= TRY IT =
Keep every line in which "zero" occurs and drop the rest of the data.

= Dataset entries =
***
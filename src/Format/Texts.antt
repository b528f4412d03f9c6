-- ===== src/Format/Texts.antt =====
-- Strings in memory, up to their NUL (pb_enc_string of pb_encode.c).
use breakpoint.Base.{
  ℕ, zero, suc, ◌+◌, ◌≤◌, ◌<◌, ◌≡◌, refl, sym, ap, ◌∙◌, List, ◌∷◌, inl, inr, Bool-cases, ◌==◌,
  arith,
}
use breakpoint.Memory.{Memory, store_byte, store_bytes, load_bytes}
use breakpoint.Memory.Stores.{load_bytes-agree, load_bytes-store_bytes}
use breakpoint.Decoder.Kept.{length-load_bytes}
use breakpoint.Encoder.Values.{string_length}

pub string_length-le : (n p : ℕ) (m : Memory) → string_length n p m ≤ n
unfolding string_length
string_length-le zero p m = omega arith
string_length-le (suc n) p m = ground (arith, string_length-le n (p + 1) m)

-- The length depends on the bytes that the string may take.
pub string_length-agree :
    (n p : ℕ) (m m' : Memory)
    → ((x : ℕ) → p ≤ x → x < p + n → m x ≡ m' x)
    → string_length n p m ≡ string_length n p m'
unfolding string_length
string_length-agree zero p m m' same = refl
string_length-agree (suc n) p m m' same = ground (
  arith,
  same p (omega arith) (omega arith),
  string_length-agree n (p + 1) m m' (λ x low up. same x (omega arith) (omega arith)),
)

head_same : {x y : ℕ} {xs ys : List ℕ} → x ∷ xs ≡ y ∷ ys → x ≡ y
head_same h = cc

tail_same : {x y : ℕ} {xs ys : List ℕ} → x ∷ xs ≡ y ∷ ys → xs ≡ ys
tail_same h = cc

-- A copy of a string with a NUL behind it is as long.
pub string_length-copy :
    (n p0 p k : ℕ) (m0 m : Memory)
    → string_length n p0 m0 ≡ k
    → k < n
    → load_bytes k p m ≡ load_bytes k p0 m0
    → m (p + k) ≡ 0
    → string_length n p m ≡ k
unfolding string_length load_bytes
string_length-copy zero p0 p k m0 m e lt same end = absurd (omega arith)
string_length-copy (suc n) p0 p zero m0 m e lt same end =
    let here : m p ≡ 0 = ap m (omega arith) ∙ end in ground (arith, here)
string_length-copy (suc n) p0 p (suc k) m0 m e lt same end = elim (Bool-cases (m0 p0 == 0)) [
  | inl stop ↦ absurd (ground (arith, e, stop))
  | inr more ↦
      let there : string_length n (p0 + 1) m0 ≡ k = ground (arith, e, more) in
      let later : m (p + 1 + k) ≡ 0 = ap m (omega arith) ∙ end in
      let rest =
        string_length-copy n (p0 + 1) (p + 1) k m0 m there (omega arith) (tail_same same) later in
      ground (arith, more, rest, head_same same)
]

-- What pb_dec_string stores.
pub string_length-stored :
    (n p0 p : ℕ) (m0 m : Memory)
    → string_length n p0 m0 < n
    → let k = string_length n p0 m0 in
      let m' = store_byte (p + k) 0 (store_bytes p (load_bytes k p0 m0) m) in
      load_bytes (string_length n p m') p m' ≡ load_bytes k p0 m0
string_length-stored n p0 p m0 m lt =
    let k = string_length n p0 m0 in
    let bs = load_bytes k p0 m0 in
    let m' = store_byte (p + k) 0 (store_bytes p bs m) in
    let copied : load_bytes k p (store_bytes p bs m) ≡ bs =
      ap (λ n. load_bytes n p (store_bytes p bs m)) (sym (length-load_bytes k p0 m0))
      ∙ load_bytes-store_bytes bs p m in
    let same : load_bytes k p m' ≡ bs =
      load_bytes-agree k p m' (store_bytes p bs m) (λ x low up. ground arith) ∙ copied in
    let end : m' (p + k) ≡ 0 = ground arith in
    ap (λ j. load_bytes j p m') (string_length-copy n p0 p k m0 m' refl lt same end) ∙ same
***
= RESULT OF THE TASK =
  ℕ, zero, suc, ◌+◌, ◌≤◌, ◌<◌, ◌≡◌, refl, sym, ap, ◌∙◌, List, ◌∷◌, inl, inr, Bool-cases, ◌==◌,
string_length-le zero p m = omega arith
string_length-agree zero p m m' same = refl
string_length-copy zero p0 p k m0 m e lt same end = absurd (omega arith)
string_length-copy (suc n) p0 p zero m0 m e lt same end =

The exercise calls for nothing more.